Look through the data below for the line with "provisional_interval_ms = 3600000" and the line with "let burst : ℕ", then output those two and all lines in between, exactly as written.
-- Opening Marker --
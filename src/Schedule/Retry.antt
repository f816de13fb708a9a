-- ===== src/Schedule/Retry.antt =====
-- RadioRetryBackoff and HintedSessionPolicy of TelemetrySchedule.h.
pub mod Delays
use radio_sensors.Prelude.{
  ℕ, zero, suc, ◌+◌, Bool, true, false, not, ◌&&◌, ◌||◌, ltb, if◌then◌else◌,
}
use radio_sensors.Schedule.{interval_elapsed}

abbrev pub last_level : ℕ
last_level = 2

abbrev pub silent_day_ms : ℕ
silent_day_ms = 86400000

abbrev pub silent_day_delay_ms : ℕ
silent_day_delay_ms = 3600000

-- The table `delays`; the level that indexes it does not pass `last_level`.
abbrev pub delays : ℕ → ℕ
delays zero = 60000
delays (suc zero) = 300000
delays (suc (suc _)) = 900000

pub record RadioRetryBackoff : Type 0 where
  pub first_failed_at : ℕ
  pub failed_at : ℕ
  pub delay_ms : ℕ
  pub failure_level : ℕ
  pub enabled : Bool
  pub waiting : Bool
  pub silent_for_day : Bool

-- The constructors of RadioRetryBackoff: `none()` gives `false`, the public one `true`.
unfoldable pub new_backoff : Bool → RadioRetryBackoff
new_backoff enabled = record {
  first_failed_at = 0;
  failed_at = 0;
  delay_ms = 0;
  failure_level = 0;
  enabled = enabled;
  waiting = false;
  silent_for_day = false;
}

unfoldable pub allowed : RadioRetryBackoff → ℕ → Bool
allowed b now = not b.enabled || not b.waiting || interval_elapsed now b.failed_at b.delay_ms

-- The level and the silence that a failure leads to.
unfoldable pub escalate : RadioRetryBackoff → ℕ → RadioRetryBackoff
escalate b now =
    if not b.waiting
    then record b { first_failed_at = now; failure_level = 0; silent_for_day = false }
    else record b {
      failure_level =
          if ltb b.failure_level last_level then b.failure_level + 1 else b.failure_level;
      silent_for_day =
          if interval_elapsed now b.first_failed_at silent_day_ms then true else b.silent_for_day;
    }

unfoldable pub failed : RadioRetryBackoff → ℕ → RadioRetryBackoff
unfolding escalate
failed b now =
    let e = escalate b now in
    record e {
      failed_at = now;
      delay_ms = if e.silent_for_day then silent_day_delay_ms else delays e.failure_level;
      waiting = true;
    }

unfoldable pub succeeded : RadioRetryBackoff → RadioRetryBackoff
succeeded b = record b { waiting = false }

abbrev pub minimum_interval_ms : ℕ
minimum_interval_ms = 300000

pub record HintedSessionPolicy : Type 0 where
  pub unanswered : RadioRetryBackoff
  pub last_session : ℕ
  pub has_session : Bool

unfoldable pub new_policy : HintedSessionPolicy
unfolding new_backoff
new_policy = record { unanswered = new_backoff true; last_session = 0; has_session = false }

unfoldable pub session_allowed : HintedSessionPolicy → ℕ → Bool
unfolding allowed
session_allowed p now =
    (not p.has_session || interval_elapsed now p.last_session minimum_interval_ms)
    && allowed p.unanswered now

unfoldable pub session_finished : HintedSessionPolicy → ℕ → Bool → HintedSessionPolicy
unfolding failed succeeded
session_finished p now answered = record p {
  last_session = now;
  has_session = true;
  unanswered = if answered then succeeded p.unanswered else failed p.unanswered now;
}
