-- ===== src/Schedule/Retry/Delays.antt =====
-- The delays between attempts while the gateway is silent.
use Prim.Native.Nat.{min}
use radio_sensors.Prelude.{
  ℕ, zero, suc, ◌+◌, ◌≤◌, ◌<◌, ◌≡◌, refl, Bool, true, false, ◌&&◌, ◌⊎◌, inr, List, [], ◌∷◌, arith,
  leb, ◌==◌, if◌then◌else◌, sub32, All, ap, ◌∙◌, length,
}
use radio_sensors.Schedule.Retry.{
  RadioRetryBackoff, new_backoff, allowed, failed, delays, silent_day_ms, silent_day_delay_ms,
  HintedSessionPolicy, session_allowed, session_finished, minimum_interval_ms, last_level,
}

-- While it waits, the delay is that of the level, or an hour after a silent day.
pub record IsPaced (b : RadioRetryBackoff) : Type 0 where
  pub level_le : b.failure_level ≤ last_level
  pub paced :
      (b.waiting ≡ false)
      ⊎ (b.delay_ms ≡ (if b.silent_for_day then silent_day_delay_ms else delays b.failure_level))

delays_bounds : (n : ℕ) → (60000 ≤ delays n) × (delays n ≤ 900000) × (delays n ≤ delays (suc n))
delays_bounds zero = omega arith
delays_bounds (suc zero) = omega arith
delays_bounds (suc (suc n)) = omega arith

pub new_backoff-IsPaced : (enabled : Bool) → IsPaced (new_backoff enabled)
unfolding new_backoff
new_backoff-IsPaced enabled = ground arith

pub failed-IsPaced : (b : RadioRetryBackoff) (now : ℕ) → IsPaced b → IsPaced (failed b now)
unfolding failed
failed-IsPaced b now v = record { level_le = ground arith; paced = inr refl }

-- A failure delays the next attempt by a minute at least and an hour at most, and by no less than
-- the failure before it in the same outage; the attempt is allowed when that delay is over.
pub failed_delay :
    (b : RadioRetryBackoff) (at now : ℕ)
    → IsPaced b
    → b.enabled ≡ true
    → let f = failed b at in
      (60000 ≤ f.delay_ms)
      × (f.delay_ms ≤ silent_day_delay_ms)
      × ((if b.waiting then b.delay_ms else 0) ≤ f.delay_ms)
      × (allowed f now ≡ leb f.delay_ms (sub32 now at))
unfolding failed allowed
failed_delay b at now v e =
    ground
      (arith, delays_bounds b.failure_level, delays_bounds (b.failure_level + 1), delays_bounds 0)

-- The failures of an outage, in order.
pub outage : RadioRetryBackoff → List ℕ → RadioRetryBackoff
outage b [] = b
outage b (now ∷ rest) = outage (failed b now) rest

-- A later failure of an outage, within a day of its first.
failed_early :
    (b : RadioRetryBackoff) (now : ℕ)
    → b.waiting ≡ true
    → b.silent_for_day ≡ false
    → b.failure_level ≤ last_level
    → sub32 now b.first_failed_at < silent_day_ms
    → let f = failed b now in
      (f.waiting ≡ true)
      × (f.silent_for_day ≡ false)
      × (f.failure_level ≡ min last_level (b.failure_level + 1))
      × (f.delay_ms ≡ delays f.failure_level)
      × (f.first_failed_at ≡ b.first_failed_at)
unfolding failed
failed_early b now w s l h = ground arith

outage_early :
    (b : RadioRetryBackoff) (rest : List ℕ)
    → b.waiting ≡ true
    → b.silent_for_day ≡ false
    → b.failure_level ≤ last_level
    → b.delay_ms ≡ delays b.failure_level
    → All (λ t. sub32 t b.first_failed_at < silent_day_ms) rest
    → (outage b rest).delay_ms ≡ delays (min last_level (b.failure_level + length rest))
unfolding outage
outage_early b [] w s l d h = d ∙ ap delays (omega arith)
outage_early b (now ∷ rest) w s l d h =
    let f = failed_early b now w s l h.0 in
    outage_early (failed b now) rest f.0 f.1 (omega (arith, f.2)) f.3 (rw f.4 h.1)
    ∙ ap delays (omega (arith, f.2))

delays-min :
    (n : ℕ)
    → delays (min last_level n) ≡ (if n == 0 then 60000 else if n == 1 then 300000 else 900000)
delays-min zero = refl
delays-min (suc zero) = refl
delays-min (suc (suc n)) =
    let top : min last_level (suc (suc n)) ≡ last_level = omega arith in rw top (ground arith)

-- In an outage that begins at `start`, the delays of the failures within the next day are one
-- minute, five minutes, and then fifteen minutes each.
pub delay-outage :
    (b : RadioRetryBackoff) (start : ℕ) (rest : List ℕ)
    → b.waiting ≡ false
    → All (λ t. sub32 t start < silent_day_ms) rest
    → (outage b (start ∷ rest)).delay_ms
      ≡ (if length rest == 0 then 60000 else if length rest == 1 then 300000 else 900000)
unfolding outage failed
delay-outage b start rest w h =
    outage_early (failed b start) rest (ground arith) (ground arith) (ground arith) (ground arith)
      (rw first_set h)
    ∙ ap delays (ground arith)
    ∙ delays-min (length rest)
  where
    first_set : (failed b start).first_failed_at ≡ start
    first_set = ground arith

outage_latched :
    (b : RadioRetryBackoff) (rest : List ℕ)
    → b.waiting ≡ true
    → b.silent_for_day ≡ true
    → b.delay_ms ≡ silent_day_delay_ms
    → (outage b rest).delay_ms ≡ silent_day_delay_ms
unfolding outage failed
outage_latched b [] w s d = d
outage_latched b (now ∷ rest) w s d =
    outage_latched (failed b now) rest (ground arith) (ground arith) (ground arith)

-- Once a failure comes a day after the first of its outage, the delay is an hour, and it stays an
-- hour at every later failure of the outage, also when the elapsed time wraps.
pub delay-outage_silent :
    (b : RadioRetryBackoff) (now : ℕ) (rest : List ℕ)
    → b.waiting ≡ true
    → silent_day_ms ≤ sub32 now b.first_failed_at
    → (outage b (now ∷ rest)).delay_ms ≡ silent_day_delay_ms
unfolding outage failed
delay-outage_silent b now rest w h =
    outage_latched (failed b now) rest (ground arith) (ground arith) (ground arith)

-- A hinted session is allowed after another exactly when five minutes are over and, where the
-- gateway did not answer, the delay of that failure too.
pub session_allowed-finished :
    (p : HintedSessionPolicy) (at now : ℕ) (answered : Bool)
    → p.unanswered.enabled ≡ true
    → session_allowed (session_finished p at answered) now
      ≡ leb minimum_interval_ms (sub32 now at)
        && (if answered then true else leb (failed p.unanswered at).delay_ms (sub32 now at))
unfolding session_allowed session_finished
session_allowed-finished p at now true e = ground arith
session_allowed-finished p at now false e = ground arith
-- Closing Marker --
-- Opening Marker --
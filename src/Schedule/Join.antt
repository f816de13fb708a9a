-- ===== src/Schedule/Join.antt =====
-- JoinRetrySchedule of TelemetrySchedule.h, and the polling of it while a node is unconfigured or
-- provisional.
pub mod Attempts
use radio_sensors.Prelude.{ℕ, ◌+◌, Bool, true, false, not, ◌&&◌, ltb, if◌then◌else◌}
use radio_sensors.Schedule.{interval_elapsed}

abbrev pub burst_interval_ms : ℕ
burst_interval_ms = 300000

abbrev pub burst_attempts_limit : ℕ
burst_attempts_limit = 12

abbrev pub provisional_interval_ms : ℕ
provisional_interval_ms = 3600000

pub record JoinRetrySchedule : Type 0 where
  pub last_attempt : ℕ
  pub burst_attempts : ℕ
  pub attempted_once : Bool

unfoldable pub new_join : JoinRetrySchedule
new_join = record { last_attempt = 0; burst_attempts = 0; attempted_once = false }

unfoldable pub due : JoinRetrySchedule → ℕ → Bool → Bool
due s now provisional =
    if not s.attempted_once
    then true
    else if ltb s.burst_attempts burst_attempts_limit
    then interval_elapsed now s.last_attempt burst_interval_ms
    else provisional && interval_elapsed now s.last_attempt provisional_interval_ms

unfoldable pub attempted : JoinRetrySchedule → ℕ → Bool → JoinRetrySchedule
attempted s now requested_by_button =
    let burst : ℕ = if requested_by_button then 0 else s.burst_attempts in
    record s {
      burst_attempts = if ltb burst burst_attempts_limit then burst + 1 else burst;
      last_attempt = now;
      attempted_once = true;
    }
-- Closing Marker --
#### Problem solution
provisional_interval_ms = 3600000

pub record JoinRetrySchedule : Type 0 where
  pub last_attempt : ℕ
  pub burst_attempts : ℕ
  pub attempted_once : Bool

unfoldable pub new_join : JoinRetrySchedule
new_join = record { last_attempt = 0; burst_attempts = 0; attempted_once = false }

unfoldable pub due : JoinRetrySchedule → ℕ → Bool → Bool
due s now provisional =
    if not s.attempted_once
    then true
    else if ltb s.burst_attempts burst_attempts_limit
    then interval_elapsed now s.last_attempt burst_interval_ms
    else provisional && interval_elapsed now s.last_attempt provisional_interval_ms

unfoldable pub attempted : JoinRetrySchedule → ℕ → Bool → JoinRetrySchedule
attempted s now requested_by_button =
    let burst : ℕ = if requested_by_button then 0 else s.burst_attempts in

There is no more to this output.